Помимо удачного рассказа, я покорил на экзамене сердца моих учителей еще и тем, что прочитал «Степь» Кольцова и «Бородино» Лермонтова так, как читают стихи актеры в дивертисментах, – с жестами, завыванием и другими приемами настоящего искусства. В «Бородино» я спрашивал «дядю», а он мне отвечал настоящим дядиным голосом. Все это очень понравилось учителям, но товарищи-ученики осмеяли меня потом, хотя слушали чтение с интересом, как я заметил. Они увидали в этом чтении нечто нехорошее, фальшивое и даже постыдное.

– Ну, – сказал мне отец, – теперь ты грамотный! Надо работать. Ты вот по театрам шляешься, книжки читаешь да песни поешь! Это надобно бросить…

Пьяный, он подзывал меня к себе, долбил череп мой согнутым пальцем и все внушал:

– В двор-рники!

И, наконец, он объявил мне:

– Я тебя пристроил в ссудную кассу Печенкина! Сначала без жалованья, а после получишь, что дадут.

И вот я сижу за конторкой ссудной кассы, сижу с девяти часов до четырех. Приносят разные невеселые люди кольца, шубы, ложки, часы, пиджаки, иконы; оценщик оценивает все это в одну сумму, назначает к выдаче другую; происходят споры, торг, кто-то ругается, кто-то плачет, умоляя прибавить, ссылаясь на болезнь матери, смерть сына, а я пишу квитанции, думаю о театре. В ушах у меня звучит милая песенка:

Расскажите вы ей,

Цветы мои,

Как люблю я ее…

Прослужив два месяца бесплатно, я стал получать жалованье по 8 рублей в месяц. Служба была глубоко противна мне, но я гордился тем, что зарабатываю и помогаю матери жить. Работал я все-таки аккуратно и был на хорошем счету.
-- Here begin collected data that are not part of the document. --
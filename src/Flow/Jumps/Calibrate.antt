-- ===== src/Flow/Jumps/Calibrate.antt =====
-- `calibrate` of aderyn_core/src/context/flow/utils.rs gives each jump one successor.
use aderyn.Prelude.{
  ℕ, true, Option, none, some, List, [], ◌∷◌, ◌≡◌, refl, ap, ◌∙◌, arith, ◌==◌, if◌then◌else◌,
  is_some, Bool-cases, Option-cases, inl, inr, All, All-map, append-nil,
}
use aderyn.Prelude.Assoc.{remove, lookup-remove}
use aderyn.Flow.Cfg.{Cfg, or_nil, raw_successors, add_raw_directed_edge, reset_raw_successors}
use aderyn.Flow.Cfg.Built.{raw_successors-edge}
use aderyn.Flow.Jumps.{
  Calibration, calibrated, calibrate, continue_should_flow_to, break_should_flow_to,
  return_should_flow_to_end_node, default_site, for_loop, while_loop, do_while_loop,
}

-- The destination that the list gives to the node `a`: the last entry for it counts.
abbrev pub assigned_by : Option ℕ → Option (ℕ × ℕ) → ℕ → Option ℕ
assigned_by (some d) c a = some d
assigned_by none none a = none
assigned_by none (some (target, dest)) a = if target == a then some dest else none

abbrev pub assigned : Cfg → ℕ → List Calibration → ℕ → Option ℕ
assigned cfg end_id [] a = none
assigned cfg end_id (c ∷ cs) a = assigned_by (assigned cfg end_id cs a) (calibrated cfg end_id c) a

abbrev pub successors_of : Option ℕ → List ℕ → List ℕ
successors_of none old = old
successors_of (some dest) old = dest ∷ []

-- `h` is `cfg` with those destinations: nothing but the edges differs, a node with a destination has it as
-- its one successor, and any other node keeps its successors.
pub record Assigned (cfg : Cfg) (end_id : ℕ) (cs : List Calibration) (h : Cfg) : Type 0 where
  pub others : record h { adj_list = [] } ≡ record cfg { adj_list = [] }
  pub successors :
      (a : ℕ) → raw_successors h a ≡ successors_of (assigned cfg end_id cs a) (raw_successors cfg a)

module _ (id to : ℕ) (g : Cfg) where
  reset_raw_successors-successors :
      (a : ℕ)
      → raw_successors (reset_raw_successors id to g) a
        ≡ (if id == a then to ∷ [] else raw_successors g a)
  unfolding reset_raw_successors raw_successors
  reset_raw_successors-successors a =
      raw_successors-edge id to a (record g { adj_list = remove id g.adj_list })
      ∙ elim (Bool-cases (id == a)) [
        | inl same ↦ rw (same, ap or_nil (lookup-remove id a g.adj_list), same) refl
        | inr other ↦
            rw (other, ap or_nil (lookup-remove id a g.adj_list), other)
              (append-nil (raw_successors g a))
      ]

  reset_raw_successors-others :
      record (reset_raw_successors id to g) { adj_list = [] } ≡ record g { adj_list = [] }
  unfolding reset_raw_successors add_raw_directed_edge
  reset_raw_successors-others = refl

  -- the destinations do not depend on the edges
  reset-calibrated :
      (end_id : ℕ) (c : Calibration)
      → calibrated (reset_raw_successors id to g) end_id c ≡ calibrated g end_id c
  unfolding reset_raw_successors add_raw_directed_edge
  reset-calibrated end_id (continue_should_flow_to c (for_loop l)) = refl
  reset-calibrated end_id (continue_should_flow_to c (while_loop l)) = refl
  reset-calibrated end_id (continue_should_flow_to c (do_while_loop l)) = refl
  reset-calibrated end_id (continue_should_flow_to c default_site) = refl
  reset-calibrated end_id (break_should_flow_to b default_site) = refl
  reset-calibrated end_id (break_should_flow_to b (for_loop l)) = refl
  reset-calibrated end_id (break_should_flow_to b (while_loop l)) = refl
  reset-calibrated end_id (break_should_flow_to b (do_while_loop l)) = refl
  reset-calibrated end_id (return_should_flow_to_end_node r) = refl

  reset-assigned :
      (end_id : ℕ) (cs : List Calibration) (a : ℕ)
      → assigned (reset_raw_successors id to g) end_id cs a ≡ assigned g end_id cs a
  reset-assigned end_id [] a = refl
  reset-assigned end_id (c ∷ cs) a = rw (reset-assigned end_id cs a, reset-calibrated end_id c) refl

assigned_by-successors :
    (o : Option ℕ) (target dest a : ℕ) (old : List ℕ)
    → successors_of o (if target == a then dest ∷ [] else old)
      ≡ successors_of (assigned_by o (some (target, dest)) a) old
assigned_by-successors none target dest a old = elim (Bool-cases (target == a)) [
  | inl same ↦ rw same refl
  | inr other ↦ rw other refl
]
assigned_by-successors (some d) target dest a old = refl

pub calibrate-Assigned :
    (cs : List Calibration) (end_id : ℕ) (cfg : Cfg)
    → All (λ c. is_some (calibrated cfg end_id c) ≡ true) cs
    → (h : Cfg) × (calibrate cs end_id cfg ≡ some h) × Assigned cfg end_id cs h
unfolding calibrate
calibrate-Assigned [] end_id cfg all = (cfg, refl, record { others = refl; successors = λ a. refl })
calibrate-Assigned (c ∷ cs) end_id cfg all = elim (Option-cases (calibrated cfg end_id c)) [
  | inl missing ↦ ground (arith, missing, all.0)
  | inr ((target, dest), e) ↦
      let (h, runs, r) =
        calibrate-Assigned cs end_id (reset_raw_successors target dest cfg) (
          All-map (λ c' p. ap is_some (reset-calibrated target dest cfg end_id c') ∙ p) cs all.1) in
      (
        h,
        rw e runs,
        record {
          others = r.others ∙ reset_raw_successors-others target dest cfg;
          successors = λ a.
              r.successors a
              ∙ rw
                  (
                    reset-assigned target dest cfg end_id cs a,
                    reset_raw_successors-successors target dest cfg a,
                    e,
                  )
                  (assigned_by-successors (assigned cfg end_id cs a) target dest a
                    (raw_successors cfg a));
        },
      )
]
Летом в Панаевском саду играла оперетка, на открытой сцене действовали куплетисты и рассказчики. Я, конечно, посещал сад. Страшно интересовали меня артисты, но я почему-то боялся их и всегда наблюдал за ними только откуда-нибудь со стороны, из угла. Смотрел и думал:

«Какие удивительные люди! Вот человек только что был королем, а теперь одет, как все, пьет пиво и грызет соленые сухарики».

Все эти короли, ахиллы, калхасы и ламбертучьо, цыганские бароны и губернаторы[11] казались мне людьми одинаково интересными и на сцене и вне ее. Все они веселые балагуры, забавники. Легко, должно быть, живется им на свете! А я служу в кассе ссуд, где ежедневно люди стонут и ругаются, жалуются и плачут. Да и вне кассы ссуд, в Суконной слободе, – то же самое.

Вскоре я ушел от Печенкина. Не помню точно почему, но уверен, что из-за театра, который убивал мое радение к службе. Отец, разумеется, жестоко изругал меня и тотчас же отправил учиться в заштатный город Арск, в двухклассное училище с преподаванием ремесел. Думаю, он сделал это не только из желания видеть меня мастеровым, но главным образом потому, что знал: в Арске нет театра. Из всех городов, стоящих на земле, Арск – самый скучный и ненужный.

Первый раз я покинул родителей и ехал куда-то один, с земским почтарем евреем Гольцманом, очень милым человеком. Стояла чудесная, сухая осень. Дорогу караулили золотые деревья. В синем прозрачном воздухе носились нити паутины – «русалочья пряжа». Мне думалось, что я еду в какую-то прекрасную страну, и я тихо радовался, что уезжаю из Суконной слободы, где жизнь становилась все тяжелее для меня.

Я избрал для себя столярное ремесло. Мне понравилось, что ученики старших классов сами для себя делают шкатулки. Но вскоре это ремесло показалось мне отвратительным, потому что учитель-мастер бил учеников, – а меня чаще других, – всеми инструментами и всяким материалом, бил угольниками и досками, толкал в живот фуганком, стукал по голове шерхебелем. Я попросил, чтобы меня перевели в переплетную. Там меньше тяжелых инструментов и удар книгой по голове не вызывает такой боли, как удар доской в полвершка толщины. Переплетать книги я научился очень быстро и довольно искусно.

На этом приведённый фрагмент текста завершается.